-- WHAT THE TASK REQUIRES --
Each entry shown below is to be reproduced exactly.
(Beginning of SOURCE DATA)
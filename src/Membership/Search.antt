-- ===== src/Membership/Search.antt =====
-- The search of rsm/membership.py for majorities that are apart.
use replicated_state_machine.Prelude.{
  ℕ, ◌+◌, ◌/◌, ◌≡◌, refl, sym, ap, ◌⊎◌, inl, inr, true, false, Bool-cases, List, [], ◌∷◌, length,
  elem, add, All, All-append, ◌==◌, arith, subst,
}
use replicated_state_machine.Errors.{ok}
use replicated_state_machine.Node.State.{distinct}
use replicated_state_machine.Quorum.Overlap.{Within-more, Within}
use replicated_state_machine.Membership.{
  Configuration, is_joint, new_configuration, among, has_majority, quorum, with_member,
  without_member, settled, build, majorities, apart, pairs_with, all_pairs, disjoint_majorities,
}
use replicated_state_machine.Membership.Majorities.{Shared}
use replicated_state_machine.Membership.Changes.{made, changes_overlap}

-- A set of `need` members.
record Majority (members : List ℕ) (need : ℕ) (xs : List ℕ) : Type 0 where
  apart : distinct xs ≡ true
  within : Within members xs
  size : length xs ≡ need

add-distinct : (x : ℕ) (xs : List ℕ) → distinct xs ≡ true → distinct (add x xs) ≡ true
add-distinct x xs h = ground (arith, h)

Within-add :
    (members : List ℕ) (x : ℕ) (xs : List ℕ)
    → elem x members ≡ true
    → Within members xs
    → Within members (add x xs)
Within-add members x xs here h = elim (Bool-cases (elem x xs)) [
  | inl q ↦ rw q h
  | inr q ↦ rw q (here, h)
]

build-Majority :
    (members : List ℕ) (need : ℕ) (rest chosen : List ℕ)
    → Within members rest
    → distinct chosen ≡ true
    → Within members chosen
    → All (Majority members need) (build need rest chosen)
build-Majority members need [] chosen hr d h = elim (Bool-cases (length chosen == need)) [
  | inl q ↦ rw q (record { apart = d; within = h; size = ground (arith, q) }, tt)
  | inr q ↦ rw q tt
]
build-Majority members need (x ∷ rest) chosen hr d h = elim (Bool-cases (length chosen == need)) [
  | inl q ↦ rw q (record { apart = d; within = h; size = ground (arith, q) }, tt)
  | inr q ↦
      let taking =
        build-Majority members need rest (add x chosen) hr.1 (add-distinct x chosen d)
          (Within-add members x chosen hr.0 h) in
      let passing = build-Majority members need rest chosen hr.1 d h in
      rw q (
        All-append (Majority members need) (build need rest (add x chosen)) (build need rest chosen)
          taking passing)
]

Within-refl : (members : List ℕ) → Within members members
Within-refl [] = tt
Within-refl (x ∷ members) = (ground arith, Within-more x members members (Within-refl members))

among_all : (members xs : List ℕ) → Within members xs → among members xs ≡ xs
among_all members [] h = refl
among_all members (x ∷ xs) h = rw (h.0, among_all members xs h.1) refl

Majority-has_majority :
    (members xs : List ℕ)
    → Majority members (length members / 2 + 1) xs
    → has_majority members xs ≡ true
Majority-has_majority members xs m = rw (among_all members xs m.within) (ground (arith, m.size))

pub Shared-apart : (xs ys : List ℕ) → Shared xs ys → apart xs ys ≡ false
Shared-apart [] ys (v, h, k) = cc
Shared-apart (x ∷ xs) ys (v, h, k) = elim (Bool-cases (elem x ys)) [
  | inl here ↦ rw here refl
  | inr out ↦ elim (Bool-cases (v == x)) [
    | inl e ↦
        let eq : v ≡ x = ground (arith, e) in
        let both : elem x ys ≡ true = subst (λ u. elem u ys ≡ true) eq k in absurd (cc)
    | inr n ↦ rw out (Shared-apart xs ys (v, ground (arith, n, h), k))
  ]
]

pairs_with_none :
    (P Q : List ℕ → Type 0) (left : List ℕ) (rights : List (List ℕ))
    → ((xs ys : List ℕ) → P xs → Q ys → Shared xs ys)
    → P left
    → All Q rights
    → pairs_with left rights ≡ []
pairs_with_none P Q left [] meet p q = refl
pairs_with_none P Q left (right ∷ rights) meet p q =
    let met = Shared-apart left right (meet left right p q.0) in
    rw met (pairs_with_none P Q left rights meet p q.1)

all_pairs_none :
    (P Q : List ℕ → Type 0) (lefts rights : List (List ℕ))
    → ((xs ys : List ℕ) → P xs → Q ys → Shared xs ys)
    → All P lefts
    → All Q rights
    → all_pairs lefts rights ≡ []
all_pairs_none P Q [] rights meet p q = refl
all_pairs_none P Q (left ∷ lefts) rights meet p q =
    rw (pairs_with_none P Q left rights meet p.0 q) (all_pairs_none P Q lefts rights meet p.1 q)

majorities-Majority :
    (members : List ℕ) → All (Majority members (length members / 2 + 1)) (majorities members)
unfolding majorities
majorities-Majority members =
    build-Majority members (length members / 2 + 1) members [] (Within-refl members) refl tt

steady-quorum :
    (members xs : List ℕ) {c : Configuration}
    → new_configuration members [] ≡ ok c
    → Majority c.members (length c.members / 2 + 1) xs
    → quorum c xs ≡ true
unfolding quorum is_joint
steady-quorum members xs {c} q m =
    let e : [] ≡ c.old = ap (λ x. x.old) (made members [] q).0 in
    rw (sym e) (Majority-has_majority c.members xs m)

-- Adding or removing one member of a steady configuration leaves no pair of majorities, of the
-- members before and after, for the exhaustive search to find.
pub search_finds_none :
    (members : List ℕ) (name : ℕ) {c d e : Configuration}
    → new_configuration members [] ≡ ok c
    → (with_member c name ≡ ok d) ⊎ (without_member c name ≡ ok d)
    → settled d ≡ ok e
    → disjoint_majorities c.members e.members ≡ []
unfolding disjoint_majorities settled
search_finds_none members name {c} {d} {e} qc qd qe =
    all_pairs_none (Majority c.members (length c.members / 2 + 1))
      (Majority e.members (length e.members / 2 + 1)) (majorities c.members) (majorities e.members)
      (λ xs ys mx my.
        changes_overlap members xs ys name c e qc qd qe (inl refl) (inr (inr refl)) mx.apart
          my.apart (steady-quorum members xs qc mx) (steady-quorum d.members ys qe my))
      (majorities-Majority c.members) (majorities-Majority e.members)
(End of SOURCE DATA)
-- SOLUTION --
filename src/Membership/Search.antt
-- ===== src/Membership/Search.antt =====
-- The search of rsm/membership.py for majorities that are apart.
use replicated_state_machine.Prelude.{
  ℕ, ◌+◌, ◌/◌, ◌≡◌, refl, sym, ap, ◌⊎◌, inl, inr, true, false, Bool-cases, List, [], ◌∷◌, length,
  elem, add, All, All-append, ◌==◌, arith, subst,
}
use replicated_state_machine.Errors.{ok}
use replicated_state_machine.Node.State.{distinct}
use replicated_state_machine.Quorum.Overlap.{Within-more, Within}
use replicated_state_machine.Membership.{
  Configuration, is_joint, new_configuration, among, has_majority, quorum, with_member,
  without_member, settled, build, majorities, apart, pairs_with, all_pairs, disjoint_majorities,
}
use replicated_state_machine.Membership.Majorities.{Shared}
use replicated_state_machine.Membership.Changes.{made, changes_overlap}

-- A set of `need` members.
record Majority (members : List ℕ) (need : ℕ) (xs : List ℕ) : Type 0 where
  apart : distinct xs ≡ true
  within : Within members xs
  size : length xs ≡ need

add-distinct : (x : ℕ) (xs : List ℕ) → distinct xs ≡ true → distinct (add x xs) ≡ true
add-distinct x xs h = ground (arith, h)

Within-add :
    (members : List ℕ) (x : ℕ) (xs : List ℕ)
    → elem x members ≡ true
    → Within members xs
    → Within members (add x xs)
Within-add members x xs here h = elim (Bool-cases (elem x xs)) [
  | inl q ↦ rw q h
  | inr q ↦ rw q (here, h)
]

build-Majority :
    (members : List ℕ) (need : ℕ) (rest chosen : List ℕ)
    → Within members rest
    → distinct chosen ≡ true
    → Within members chosen
    → All (Majority members need) (build need rest chosen)
build-Majority members need [] chosen hr d h = elim (Bool-cases (length chosen == need)) [
  | inl q ↦ rw q (record { apart = d; within = h; size = ground (arith, q) }, tt)
  | inr q ↦ rw q tt
]
build-Majority members need (x ∷ rest) chosen hr d h = elim (Bool-cases (length chosen == need)) [
  | inl q ↦ rw q (record { apart = d; within = h; size = ground (arith, q) }, tt)
  | inr q ↦
      let taking =
        build-Majority members need rest (add x chosen) hr.1 (add-distinct x chosen d)
          (Within-add members x chosen hr.0 h) in
      let passing = build-Majority members need rest chosen hr.1 d h in
      rw q (
        All-append (Majority members need) (build need rest (add x chosen)) (build need rest chosen)
          taking passing)
]

Within-refl : (members : List ℕ) → Within members members
Within-refl [] = tt
Within-refl (x ∷ members) = (ground arith, Within-more x members members (Within-refl members))

among_all : (members xs : List ℕ) → Within members xs → among members xs ≡ xs
among_all members [] h = refl
among_all members (x ∷ xs) h = rw (h.0, among_all members xs h.1) refl

Majority-has_majority :
    (members xs : List ℕ)
    → Majority members (length members / 2 + 1) xs
    → has_majority members xs ≡ true
Majority-has_majority members xs m = rw (among_all members xs m.within) (ground (arith, m.size))

pub Shared-apart : (xs ys : List ℕ) → Shared xs ys → apart xs ys ≡ false
Shared-apart [] ys (v, h, k) = cc
Shared-apart (x ∷ xs) ys (v, h, k) = elim (Bool-cases (elem x ys)) [
  | inl here ↦ rw here refl
  | inr out ↦ elim (Bool-cases (v == x)) [
    | inl e ↦
        let eq : v ≡ x = ground (arith, e) in
        let both : elem x ys ≡ true = subst (λ u. elem u ys ≡ true) eq k in absurd (cc)
    | inr n ↦ rw out (Shared-apart xs ys (v, ground (arith, n, h), k))
  ]
]

pairs_with_none :
    (P Q : List ℕ → Type 0) (left : List ℕ) (rights : List (List ℕ))
    → ((xs ys : List ℕ) → P xs → Q ys → Shared xs ys)
    → P left
    → All Q rights
    → pairs_with left rights ≡ []
pairs_with_none P Q left [] meet p q = refl
pairs_with_none P Q left (right ∷ rights) meet p q =
    let met = Shared-apart left right (meet left right p q.0) in
    rw met (pairs_with_none P Q left rights meet p q.1)

all_pairs_none :
    (P Q : List ℕ → Type 0) (lefts rights : List (List ℕ))
    → ((xs ys : List ℕ) → P xs → Q ys → Shared xs ys)
    → All P lefts
    → All Q rights
    → all_pairs lefts rights ≡ []
all_pairs_none P Q [] rights meet p q = refl
all_pairs_none P Q (left ∷ lefts) rights meet p q =
    rw (pairs_with_none P Q left rights meet p.0 q) (all_pairs_none P Q lefts rights meet p.1 q)

majorities-Majority :
    (members : List ℕ) → All (Majority members (length members / 2 + 1)) (majorities members)
unfolding majorities
majorities-Majority members =
    build-Majority members (length members / 2 + 1) members [] (Within-refl members) refl tt

steady-quorum :
    (members xs : List ℕ) {c : Configuration}
    → new_configuration members [] ≡ ok c
    → Majority c.members (length c.members / 2 + 1) xs
    → quorum c xs ≡ true
unfolding quorum is_joint
steady-quorum members xs {c} q m =
    let e : [] ≡ c.old = ap (λ x. x.old) (made members [] q).0 in
    rw (sym e) (Majority-has_majority c.members xs m)

-- Adding or removing one member of a steady configuration leaves no pair of majorities, of the
-- members before and after, for the exhaustive search to find.
pub search_finds_none :
    (members : List ℕ) (name : ℕ) {c d e : Configuration}
    → new_configuration members [] ≡ ok c
    → (with_member c name ≡ ok d) ⊎ (without_member c name ≡ ok d)
    → settled d ≡ ok e
    → disjoint_majorities c.members e.members ≡ []
unfolding disjoint_majorities settled
search_finds_none members name {c} {d} {e} qc qd qe =
    all_pairs_none (Majority c.members (length c.members / 2 + 1))
      (Majority e.members (length e.members / 2 + 1)) (majorities c.members) (majorities e.members)
      (λ xs ys mx my.
        changes_overlap members xs ys name c e qc qd qe (inl refl) (inr (inr refl)) mx.apart
          my.apart (steady-quorum members xs qc mx) (steady-quorum d.members ys qe my))
      (majorities-Majority c.members) (majorities-Majority e.members)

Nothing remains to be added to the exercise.